Slinky ran freely across the beach, sometimes towards the top of the bank, but was never out of David's sight. At one stage, David noticed Slinky got distracted by a large branch on the beach.
"She was there for quite a few minutes, I kept walking for about 2-300 metres and blew the whistle and she came," David said.
"But she went back again. It was just kind of out of character that she spent as long as she did at that spot."
On the drive back to Dee Why, things went south. Slinky threw up in the car, and when she returned home, was shaking and continued to vomit bile.
"I rushed her to the vet hospital ... they sedated her and the seizures kept on going," David said.
"They said she basically didn't have a chance, she was virtually brain damaged.
"I'll never be able to get rid of those images from my mind. Words can't describe how horrific it was."
It's like she was possessed. The noises she was making was awful.
- David Palmer
David has called for increased signage warning those who walk their dogs of the 1080 baits used in the National Park, which backs onto the beach.
He has since returned, and said he found one sign warning of the baits at the carpark entrance, and another sign on the shore facing away from the beach.
"My partner has spoken to a lot of people with adventurous dogs who run there ... My aim is to enable people to become aware of that risk," he said.
"The fact there's an off-leash dog area that joins a baiting area, without fencing, is unusual."
A NSW National Parks and Wildlife Service spokesperson said the baits are part of an ongoing feral animal control program using meat and manufactured baits, containing 1080 (sodium fluoroacetate) poison, which is lethal to cats and dogs.
"A large part of this control program is deploying 1080 baits, a well-refined technique widely used by land managers to control feral foxes and wild dogs," the spokesperson said.
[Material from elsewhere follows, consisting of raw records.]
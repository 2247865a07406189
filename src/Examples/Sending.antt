-- ===== src/Examples/Sending.antt =====
-- A session of util/net that sends a part of what it was given, and more is given to it meanwhile.
use live_streaming.Base.{ℕ, List, [], ◌∷◌, ◌++◌, ◌≡◌, refl, true, false, arith, if◌then◌else◌}
use live_streaming.Result.{ok}
use live_streaming.Stream.{be_bytes}
use live_streaming.Net.Stream.{pop_bytes}
use live_streaming.Net.Receiver.{Readings, exchanger_reads}
use live_streaming.Net.Delivery.{exchanger_reads-sent}
use live_streaming.Examples.Protocols.{numbers}
use live_streaming.Net.Sender.{
  Sender, new_sender, write_access, write_ready, close_ready, set_event_flag, close,
  try_add_write_task, append_send_data, write_begins, swap_lists, write_takes, write_ends, put_back,
  write_leaves, test_and_modify, matches, set_flags, clear_flags,
}
use live_streaming.Net.Sender.Steps.{
  Reach, start, sets, appends, tries, begins, swaps, writes, ends, leaves, unsent,
}
use live_streaming.Net.Sender.Order.{Reach-in_order}

abbrev asked : Sender
asked = try_add_write_task true (
    append_send_data (1 ∷ 2 ∷ 3 ∷ [])
      (set_event_flag write_ready (set_event_flag write_access new_sender)))

abbrev stopped : Sender
stopped = write_leaves write_ready (
    write_ends (
      append_send_data (4 ∷ [])
        (write_takes 2 (1 ∷ 2 ∷ 3 ∷ []) [] (swap_lists (write_begins 0 asked)))))

stopped-Reach : Reach (1 ∷ 2 ∷ 3 ∷ 4 ∷ []) false stopped
unfolding set_event_flag close try_add_write_task append_send_data write_begins swap_lists
    write_takes write_ends put_back write_leaves test_and_modify matches set_flags clear_flags
stopped-Reach = leaves write_ready refl (
    ends refl (
      appends (4 ∷ []) (omega arith) (
        writes 2 (1 ∷ 2 ∷ 3 ∷ []) [] refl refl (omega arith) (omega arith) (
          swaps refl (
            begins 0 refl refl (
              tries true (
                appends (1 ∷ 2 ∷ 3 ∷ []) (omega arith) (
                  sets write_ready (λ e. omega (arith, e))
                    (sets write_access (λ e. omega (arith, e)) start)))))))))

Reach-in_order_example :
    ((rest : List ℕ) × (stopped.sent ++ rest ≡ 1 ∷ 2 ∷ 3 ∷ 4 ∷ []))
    × (false ≡ false → stopped.sent ++ unsent stopped ≡ 1 ∷ 2 ∷ 3 ∷ 4 ∷ [])
    × (stopped.disconnects ≡ (if stopped.event_flag close_ready then 1 else 0))
Reach-in_order_example = Reach-in_order (1 ∷ 2 ∷ 3 ∷ 4 ∷ []) false stopped stopped-Reach

abbrev one_byte : List Readings
one_byte = record { reads = (1 ∷ []) ∷ []; again = true } ∷ []

exchanger_reads-sent_example :
    (come to_come : List ℕ) × (q : List ℕ) × (258 ∷ 772 ∷ [] ≡ come ++ to_come)
    × (exchanger_reads
          (pop_bytes 2)
          (λ p. true)
          one_byte
          (record { read_data = []; received = []; closed = false })
        ≡ ok (record { read_data = q; received = come; closed = false }))
    × (false ≡ false → ◌≡◌ {A = List ℕ} (2 ∷ []) [] → unsent stopped ≡ [] → to_come ≡ [])
unfolding be_bytes set_event_flag close try_add_write_task append_send_data write_begins swap_lists
    write_takes write_ends put_back write_leaves test_and_modify matches set_flags clear_flags
exchanger_reads-sent_example =
    exchanger_reads-sent numbers (λ p. true) (λ p. refl) (258 ∷ 772 ∷ []) false stopped one_byte
      (2 ∷ []) stopped-Reach refl (omega arith, (omega arith, tt)) ((refl, omega arith), tt)
      (omega arith)
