-- ===== src/Handshake.antt =====
-- server/handshake_message.h: the handshake messages of the client and of the server.
pub mod RoundTrip
use live_streaming.Base.{ℕ, ◌^◌, ◌<◌, List, length}
use live_streaming.Result.{Result, ok, throws}
use live_streaming.Stream.{
  ByteStream, Stream, ◌>>=◌, ◌>>◌, pure, pop_bytes, push_bytes, push_raw, pop_raw,
}

pub record CommonHandshakeMessage : Type 0 where
  pub timestamp : ℕ
  pub timestamp_sent : ℕ
  pub random_data : List ℕ

-- sizeof(random_data)
abbrev pub random_size : ℕ
random_size = 1528

-- HandshakeMessage0 holds the version alone.
unfoldable pub serialize_version : ℕ → Stream (Unit {0})
serialize_version version = push_bytes 1 version

unfoldable pub deserialize_version : ℕ → Stream ℕ
deserialize_version version = pop_bytes 1 version

unfoldable pub serialize_handshake : CommonHandshakeMessage → Stream (Unit {0})
serialize_handshake m = do
  push_bytes 4 m.timestamp
  push_bytes 4 m.timestamp_sent
  push_raw m.random_data

-- The message is an object that the fields are read into one by one: what an exception leaves in
-- it counts, so the result has the message in any case, and the stream if nothing was thrown.
abbrev pub Filled : Type 0
Filled = CommonHandshakeMessage × Result ByteStream

fill_random : CommonHandshakeMessage → ByteStream → Filled
fill_random m bs = elim (pop_raw random_size bs) [
  | ok (r, bs') ↦ (record m { random_data = r }, ok bs')
  | _ ↦ (m, throws)
]

fill_sent : CommonHandshakeMessage → ByteStream → Filled
unfolding fill_random
fill_sent m bs = elim (pop_bytes 4 m.timestamp_sent bs) [
  | ok (t, bs') ↦ fill_random (record m { timestamp_sent = t }) bs'
  | _ ↦ (m, throws)
]

unfoldable pub deserialize_handshake : CommonHandshakeMessage → ByteStream → Filled
unfolding fill_sent
deserialize_handshake m bs = elim (pop_bytes 4 m.timestamp bs) [
  | ok (t, bs') ↦ fill_sent (record m { timestamp = t }) bs'
  | _ ↦ (m, throws)
]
"1080 is a naturally occurring toxin found in over 30 Australian plant species that is particularly lethal to foxes and wild dogs, yet marsupials, birds and reptiles have a much higher tolerance to this pesticide.
"Failure to bait will result in more foxes and fewer native animals, including threatened species."
Domestic pets must be restrained in the vicinity of a baiting location and are not permitted in NSW National Parks.
The spokesperson added all baiting locations are identifiable by signs.
However, David said signage should be made clearer as he believes bait could have made its way onto the beach near the branch Slinky hovered by.
"I've heard that baits are buried but that foxes and dogs can dig them up and rather than eat them, they can put them somewhere else. It may have been on the beach," he said.
The feral animal control program will continue until December 16.
Symptoms of 1080 poisoning include vomiting, disorientation, and shaking, followed by death.